■ Work required: Quote exactly, and only, the lines of the material below from the line with "cell_of i r = r.cells i.cell" through the line with "-- instance is".

■ Information given:
******************************
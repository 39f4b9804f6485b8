-- ===== src/Instance/Lifecycle.antt =====
-- `start`, `stop` and `restart` of src/instance.rs, on success and on failure.
use tei_manager.Base.{
  ℕ, ◌+◌, ◌%◌, ◌≡◌, ◌≢◌, ◌⊎◌, inr, String, true, false, none, some, arith, Result, ok, err,
}
use tei_manager.Config.{Timestamp}
use tei_manager.Instance.{
  ProcessHandle, ProcessManager, Lawful, InstanceStatus, Cell, TeiInstance, Runtime, AnyError,
  u32_mod, start, stop, restart, is_running, spawn_config,
}

-- What a status says of the handle.
abbrev pub IsConsistent : Cell → Type 0
IsConsistent c = elim c.status [
  | InstanceStatus.stopped ↦ c.process_handle ≡ none
  | InstanceStatus.stopping ↦ Unit
  | InstanceStatus.starting ↦ c.process_handle ≢ none
  | InstanceStatus.running ↦ Unit
  | InstanceStatus.failed ↦ Unit
]

pub is_running_none :
    {P : Type 0} (pm : ProcessManager P) (i : TeiInstance) (r : Runtime P)
    → (r.cells i.cell).process_handle ≡ none
    → is_running pm i r ≡ false
unfolding is_running
is_running_none pm i r h = ground arith

abbrev pub cell_of : {P : Type 0} → TeiInstance → Runtime P → Cell
cell_of i r = r.cells i.cell

module _ {P : Type 0} (pm : ProcessManager P) where
  -- By how `start` ends: it spawned a process and the instance is starting, or nothing was written.
  abbrev pub Started :
      TeiInstance → Timestamp → Runtime P → Result AnyError (Unit {0}) × Runtime P → Type 0
  Started i now r (ok _, r') =
      ((cell_of i r').status ≡ InstanceStatus.starting)
      × (is_running pm i r' ≡ true)
      × ((cell_of i r').stats.started_at ≡ some now)
      × ((cell_of i r').stats.restarts ≡ (cell_of i r).stats.restarts)
      × ((cell_of i r').stats.health_check_failures ≡ (cell_of i r).stats.health_check_failures)
  Started i now r (err _, r') = r'.cells ≡ r.cells

  -- By how `stop` ends: the instance is stopped, without a process, or the manager refused and the
  -- instance is left stopping, its handle lost.
  abbrev pub Stopped : TeiInstance → Runtime P → Result AnyError (Unit {0}) × Runtime P → Type 0
  Stopped i r (ok _, r') =
      ((cell_of i r').status ≡ InstanceStatus.stopped)
      × ((cell_of i r').process_handle ≡ none)
      × (is_running pm i r' ≡ false)
      × ((cell_of i r').stats ≡ (cell_of i r).stats)
  Stopped i r (err _, r') =
      ((cell_of i r').status ≡ InstanceStatus.stopping)
      × ((cell_of i r').process_handle ≡ none)
      × ((cell_of i r).process_handle ≢ none)
      × ((cell_of i r').stats ≡ (cell_of i r).stats)

  abbrev pub Restarted :
      TeiInstance → Timestamp → Runtime P → Result AnyError (Unit {0}) × Runtime P → Type 0
  Restarted i now r (ok _, r') =
      ((cell_of i r').status ≡ InstanceStatus.starting)
      × (is_running pm i r' ≡ true)
      × ((cell_of i r').stats.started_at ≡ some now)
      × ((cell_of i r').stats.restarts ≡ ((cell_of i r).stats.restarts + 1) % u32_mod)
      × ((cell_of i r').stats.health_check_failures ≡ (cell_of i r).stats.health_check_failures)
  Restarted i now r (err _, r') =
      ((cell_of i r').process_handle ≡ none)
      × (((cell_of i r').status ≡ InstanceStatus.stopped)
          ⊎ ((cell_of i r').status ≡ InstanceStatus.stopping))
      × ((cell_of i r').stats ≡ (cell_of i r).stats)

module _ {P : Type 0} (pm : ProcessManager P) (laws : Lawful pm) where
  -- A `start` that succeeds leaves the instance starting, with a running process and the time
  -- of the start, and keeps the counts; one that fails writes nothing to any instance. The
  -- process manager is lawful.
  pub start-Started :
      (i : TeiInstance) (binary : String) (now : Timestamp) (r : Runtime P)
      → Started pm i now r (start pm i binary now r)
  unfolding start is_running
  start-Started i binary now r =
      ground (arith, laws.spawn_runs i.cell (spawn_config i.config binary) r.procs)

  -- A `stop` that succeeds leaves the instance stopped, without a process; one that the
  -- manager refuses leaves it stopping, with its handle lost. Neither changes the statistics.
  -- The process manager is lawful.
  pub stop-Stopped : (i : TeiInstance) (r : Runtime P) → Stopped pm i r (stop pm i r)
  unfolding stop is_running
  stop-Stopped i r = ground arith

  -- The process that the instance held is not running after a successful `stop` by a lawful
  -- manager.
  pub stop_ends_process :
      (i : TeiInstance) (r r' : Runtime P) (h : ProcessHandle)
      → (cell_of i r).process_handle ≡ some h
      → stop pm i r ≡ (ok tt, r')
      → pm.is_running i.cell h r'.procs ≡ false
  unfolding stop
  stop_ends_process i r r' h held e = ground (arith, laws.stop_ends i.cell h 30 r.procs)

  -- A `restart` that succeeds leaves a running process, the status starting and one more
  -- restart counted; one that fails leaves no process, the status stopped or stopping, and the
  -- statistics as they were. The process manager is lawful.
  pub restart-Restarted :
      (i : TeiInstance) (binary : String) (now : Timestamp) (r : Runtime P)
      → Restarted pm i now r (restart pm i binary now r)
  unfolding restart is_running
  restart-Restarted i binary now r =
      ground (arith, stop-Stopped i r, start-Started i binary now (stop pm i r).1)

  -- No operation writes another instance's cell.
  pub other_cells :
      (i : TeiInstance) (binary : String) (now : Timestamp) (r : Runtime P) (a : ℕ)
      → i.cell ≢ a
      → ((start pm i binary now r).1.cells a ≡ r.cells a)
        × ((stop pm i r).1.cells a ≡ r.cells a)
        × ((restart pm i binary now r).1.cells a ≡ r.cells a)
  unfolding start stop restart
  other_cells i binary now r a apart = ground arith

  -- With a lawful process manager `start`, `stop` and `restart`, failing or not, keep the
  -- handle in step with the status: a stopped instance has none, and a starting one has one.
  pub lifecycle-IsConsistent :
      (i : TeiInstance) (binary : String) (now : Timestamp) (r : Runtime P)
      → IsConsistent (cell_of i r)
      → IsConsistent (cell_of i (start pm i binary now r).1)
        × IsConsistent (cell_of i (stop pm i r).1)
        × IsConsistent (cell_of i (restart pm i binary now r).1)
  unfolding start stop restart
  lifecycle-IsConsistent i binary now r c = ground arith

  -- `start` has no guard: started twice by a lawful manager that gives out two handles, an
  -- instance forgets its first process, and a successful `stop` leaves that running.
  pub start_twice_leaks :
      (i : TeiInstance) (binary : String) (now later : Timestamp) (r r₁ r₂ r₃ : Runtime P)
      (first second : ProcessHandle)
      → start pm i binary now r ≡ (ok tt, r₁)
      → (cell_of i r₁).process_handle ≡ some first
      → start pm i binary later r₁ ≡ (ok tt, r₂)
      → (cell_of i r₂).process_handle ≡ some second
      → second.id ≢ first.id
      → stop pm i r₂ ≡ (ok tt, r₃)
      → (is_running pm i r₃ ≡ false) × (pm.is_running i.cell first r₃.procs ≡ true)
  unfolding start stop is_running
  start_twice_leaks i binary now later r r₁ r₂ r₃ first second e₁ h₁ e₂ h₂ apart e₃ = ground (
    arith,
    laws.spawn_runs i.cell (spawn_config i.config binary) r.procs,
    laws.spawn_keeps i.cell (spawn_config i.config binary) r₁.procs i.cell first,
    laws.stop_keeps i.cell second 30 r₂.procs i.cell first (inr apart),
  )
******************************
■ Task result:
cell_of i r = r.cells i.cell

module _ {P : Type 0} (pm : ProcessManager P) where
  -- By how `start` ends: it spawned a process and the instance is starting, or nothing was written.
  abbrev pub Started :
      TeiInstance → Timestamp → Runtime P → Result AnyError (Unit {0}) × Runtime P → Type 0
  Started i now r (ok _, r') =
      ((cell_of i r').status ≡ InstanceStatus.starting)
      × (is_running pm i r' ≡ true)
      × ((cell_of i r').stats.started_at ≡ some now)
      × ((cell_of i r').stats.restarts ≡ (cell_of i r).stats.restarts)
      × ((cell_of i r').stats.health_check_failures ≡ (cell_of i r).stats.health_check_failures)
  Started i now r (err _, r') = r'.cells ≡ r.cells

  -- By how `stop` ends: the instance is stopped, without a process, or the manager refused and the
  -- instance is left stopping, its handle lost.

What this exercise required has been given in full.